*ACTIVITY*
From the records below, take each line where the string "continue" shows up and copy it.

*STUDY MATERIAL*
-- ===== src/Bootstrap/Machine/Triple.antt =====
-- Triples for the steps of the service: from `P`, the step returns `a` with `Q a`, or an error `e` with
-- `E e`. One rule for each way to build a step.
use sovereignite.Base.{◌≡◌, refl, ℕ, Option, none, some, Bool, true, false, if◌then◌else◌}
use sovereignite.Bootstrap.Error.{Error, foreign, Result, ok, err}
use sovereignite.Bootstrap.Machine.{
  Sys, M, pure, raise, lift, check, ask, ask_value, outcome, continue, ◌>>=◌, handled, catch,
}

module _ {W A : Type 0} where
  abbrev pub Ends : (A → Sys W → Type 0) → (Error → Sys W → Type 0) → Result A → Sys W → Type 0
  Ends Q E (ok a) s = Q a s
  Ends Q E (err e) s = E e s

  pub record Triple (P : Sys W → Type 0) (m : M W A) (Q : A → Sys W → Type 0)
      (E : Error → Sys W → Type 0) : Type 0 where
    pub at : (s : Sys W) → P s → Ends Q E (m s).0 (m s).1

  -- A consequence: weaker results.
  Ends-weaken :
      (Q Q' : A → Sys W → Type 0) (E E' : Error → Sys W → Type 0) (r : Result A) (s : Sys W)
      → ((a : A) (s : Sys W) → Q' a s → Q a s)
      → ((e : Error) (s : Sys W) → E' e s → E e s)
      → Ends Q' E' r s
      → Ends Q E r s
  Ends-weaken Q Q' E E' (ok a) s q f h = q a s h
  Ends-weaken Q Q' E E' (err e) s q f h = f e s h

module _ {W A : Type 0} {P : Sys W → Type 0} {Q : A → Sys W → Type 0}
    {E : Error → Sys W → Type 0} where
  pub pure_rule : (a : A) → ((s : Sys W) → P s → Q a s) → Triple P (pure a) Q E
  unfolding pure
  pure_rule a h = record { at = h }

  pub raise_rule : (e : Error) → ((s : Sys W) → P s → E e s) → Triple P (raise e) Q E
  unfolding raise
  raise_rule e h = record { at = h }

  pub weaken :
      {P' : Sys W → Type 0} {Q' : A → Sys W → Type 0} {E' : Error → Sys W → Type 0} (m : M W A)
      → Triple P' m Q' E'
      → ((s : Sys W) → P s → P' s)
      → ((a : A) (s : Sys W) → Q' a s → Q a s)
      → ((e : Error) (s : Sys W) → E' e s → E e s)
      → Triple P m Q E
  weaken {Q' = Q'} {E' = E'} m t p q f = record {
    at = λ s h. Ends-weaken Q Q' E E' (m s).0 (m s).1 q f (t.at s (p s h));
  }

  pub if_rule :
      (b : Bool) (m n : M W A)
      → (b ≡ true → Triple P m Q E)
      → (b ≡ false → Triple P n Q E)
      → Triple P (if b then m else n) Q E
  if_rule true m n km kn = km refl
  if_rule false m n km kn = kn refl

module _ {W A B : Type 0} {R : B → Sys W → Type 0} {E : Error → Sys W → Type 0} where
  Ends-continue :
      (Q : A → Sys W → Type 0) (r : Result A) (f : A → M W B) (s : Sys W)
      → ((a : A) → Triple (Q a) (f a) R E)
      → Ends Q E r s
      → Ends R E (continue r f s).0 (continue r f s).1
  Ends-continue Q (ok a) f s k h = (k a).at s h
  Ends-continue Q (err e) f s k h = h

  Ends-handled :
      (Q : A → Sys W → Type 0) (F : Error → Sys W → Type 0) (r : Result A) (f : A → M W B)
      (g : Error → M W B) (s : Sys W)
      → ((a : A) → Triple (Q a) (f a) R E)
      → ((e : Error) → Triple (F e) (g e) R E)
      → Ends Q F r s
      → Ends R E (handled r f g s).0 (handled r f g s).1
  Ends-handled Q F (ok a) f g s k l h = (k a).at s h
  Ends-handled Q F (err e) f g s k l h = (l e).at s h

module _ {W A B : Type 0} {P : Sys W → Type 0} {R : B → Sys W → Type 0}
    {E : Error → Sys W → Type 0} where
  pub bind_rule :
      (Q : A → Sys W → Type 0) (m : M W A) (f : A → M W B)
      → Triple P m Q E
      → ((a : A) → Triple (Q a) (f a) R E)
      → Triple P (m >>= f) R E
  unfolding ◌>>=◌
  bind_rule Q m f t k = record { at = λ s h. Ends-continue Q (m s).0 f (m s).1 k (t.at s h) }

  pub catch_rule :
      (Q : A → Sys W → Type 0) (F : Error → Sys W → Type 0) (m : M W A) (f : A → M W B)
      (g : Error → M W B)
      → Triple P m Q F
      → ((a : A) → Triple (Q a) (f a) R E)
      → ((e : Error) → Triple (F e) (g e) R E)
      → Triple P (catch m f g) R E
  unfolding catch
  catch_rule Q F m f g t k l = record {
    at = λ s h. Ends-handled Q F (m s).0 f g (m s).1 k l (t.at s h);
  }

module _ {W : Type 0} where
  ask_at :
      (Q : Unit {0} → Sys W → Type 0) (E : Error → Sys W → Type 0) (r : Option ℕ) (s : Sys W)
      → (r ≡ none → Q tt s)
      → ((n : ℕ) → r ≡ some n → E (foreign n) s)
      → Ends Q E (outcome r) s
  ask_at Q E none s q f = q refl
  ask_at Q E (some n) s q f = f n refl

module _ {W : Type 0} {P : Sys W → Type 0} {Q : Unit {0} → Sys W → Type 0}
    {E : Error → Sys W → Type 0} where
  pub check_rule :
      (r : Option Error)
      → (r ≡ none → (s : Sys W) → P s → Q tt s)
      → ((e : Error) → r ≡ some e → (s : Sys W) → P s → E e s)
      → Triple P (check r) Q E
  unfolding check
  check_rule none q f = record { at = q refl }
  check_rule (some e) q f = record { at = f e refl }

  pub ask_rule :
      (f : W → Option ℕ × W)
      → ((s : Sys W) → P s → (f s.world).0 ≡ none → Q tt (record s { world = (f s.world).1 }))
      → ((s : Sys W) (n : ℕ)
          → P s
          → (f s.world).0 ≡ some n
          → E (foreign n) (record s { world = (f s.world).1 }))
      → Triple P (ask f) Q E
  unfolding ask
  ask_rule f q e = record { at = λ s h. ask_at Q E (f s.world).0 _ (q s h) (λ n. e s n h) }

module _ {W A : Type 0} {P : Sys W → Type 0} {Q : A → Sys W → Type 0}
    {E : Error → Sys W → Type 0} where
  pub ask_value_rule :
      (f : W → A × W)
      → ((s : Sys W) → P s → Q (f s.world).0 (record s { world = (f s.world).1 }))
      → Triple P (ask_value f) Q E
  unfolding ask_value
  ask_value_rule f q = record { at = q }

-- Rules for a step with the rest of its block, which hand the rest what the step found out.
module _ {W B : Type 0} {P : Sys W → Type 0} {R : B → Sys W → Type 0}
    {E : Error → Sys W → Type 0} where
  pub check_then :
      (r : Option Error) (f : Unit {0} → M W B)
      → ((e : Error) → r ≡ some e → (s : Sys W) → P s → E e s)
      → (r ≡ none → Triple P (f tt) R E)
      → Triple P (check r >>= f) R E
  unfolding ◌>>=◌ check
  check_then none f bad k = record { at = (k refl).at }
  check_then (some e) f bad k = record { at = bad e refl }

  -- Whatever the environment answers, an answer that is an error ends the block.
  pub ask_then :
      (g : W → Option ℕ × W) (f : Unit {0} → M W B)
      → ((s : Sys W) (w : W) → P s → P (record s { world = w }))
      → ((s : Sys W) (n : ℕ) → P s → E (foreign n) s)
      → Triple P (f tt) R E
      → Triple P (ask g >>= f) R E
  ask_then g f moved bad k =
      bind_rule (λ _. P) (ask g) f
        (ask_rule g (λ s h _. moved s _ h) (λ s n h _. bad _ n (moved s _ h))) (λ _. k)

module _ {W A B : Type 0} {P : Sys W → Type 0} {R : B → Sys W → Type 0}
    {E : Error → Sys W → Type 0} where
  pub lift_then :
      (r : Result A) (f : A → M W B)
      → ((e : Error) → r ≡ err e → (s : Sys W) → P s → E e s)
      → ((a : A) → r ≡ ok a → Triple P (f a) R E)
      → Triple P (lift r >>= f) R E
  unfolding ◌>>=◌ lift
  lift_then (ok a) f bad k = record { at = (k a refl).at }
  lift_then (err e) f bad k = record { at = bad e refl }

  pub ask_value_then :
      (g : W → A × W) (f : A → M W B)
      → ((s : Sys W) (w : W) → P s → P (record s { world = w }))
      → ((a : A) → Triple P (f a) R E)
      → Triple P (ask_value g >>= f) R E
  ask_value_then g f moved k =
      bind_rule (λ _. P) (ask_value g) f (ask_value_rule g (λ s h. moved s _ h)) k

  pub pure_then : (a : A) (f : A → M W B) → Triple P (f a) R E → Triple P (pure a >>= f) R E
  unfolding ◌>>=◌ pure
  pure_then a f k = record { at = k.at }

-- A fact that does not depend on the state leaves the precondition.
module _ {W A : Type 0} {F : Type 0} {P : Sys W → Type 0} {Q : A → Sys W → Type 0}
    {E : Error → Sys W → Type 0} where
  pub fact_rule : (m : M W A) → (F → Triple P m Q E) → Triple (λ s. F × P s) m Q E
  fact_rule m k = record { at = λ s h. (k h.0).at s h.1 }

*RESPONSE FOR THIS EXERCISE*
  Sys, M, pure, raise, lift, check, ask, ask_value, outcome, continue, ◌>>=◌, handled, catch,
  Ends-continue :
      → Ends R E (continue r f s).0 (continue r f s).1
  Ends-continue Q (ok a) f s k h = (k a).at s h
  Ends-continue Q (err e) f s k h = h
  bind_rule Q m f t k = record { at = λ s h. Ends-continue Q (m s).0 f (m s).1 k (t.at s h) }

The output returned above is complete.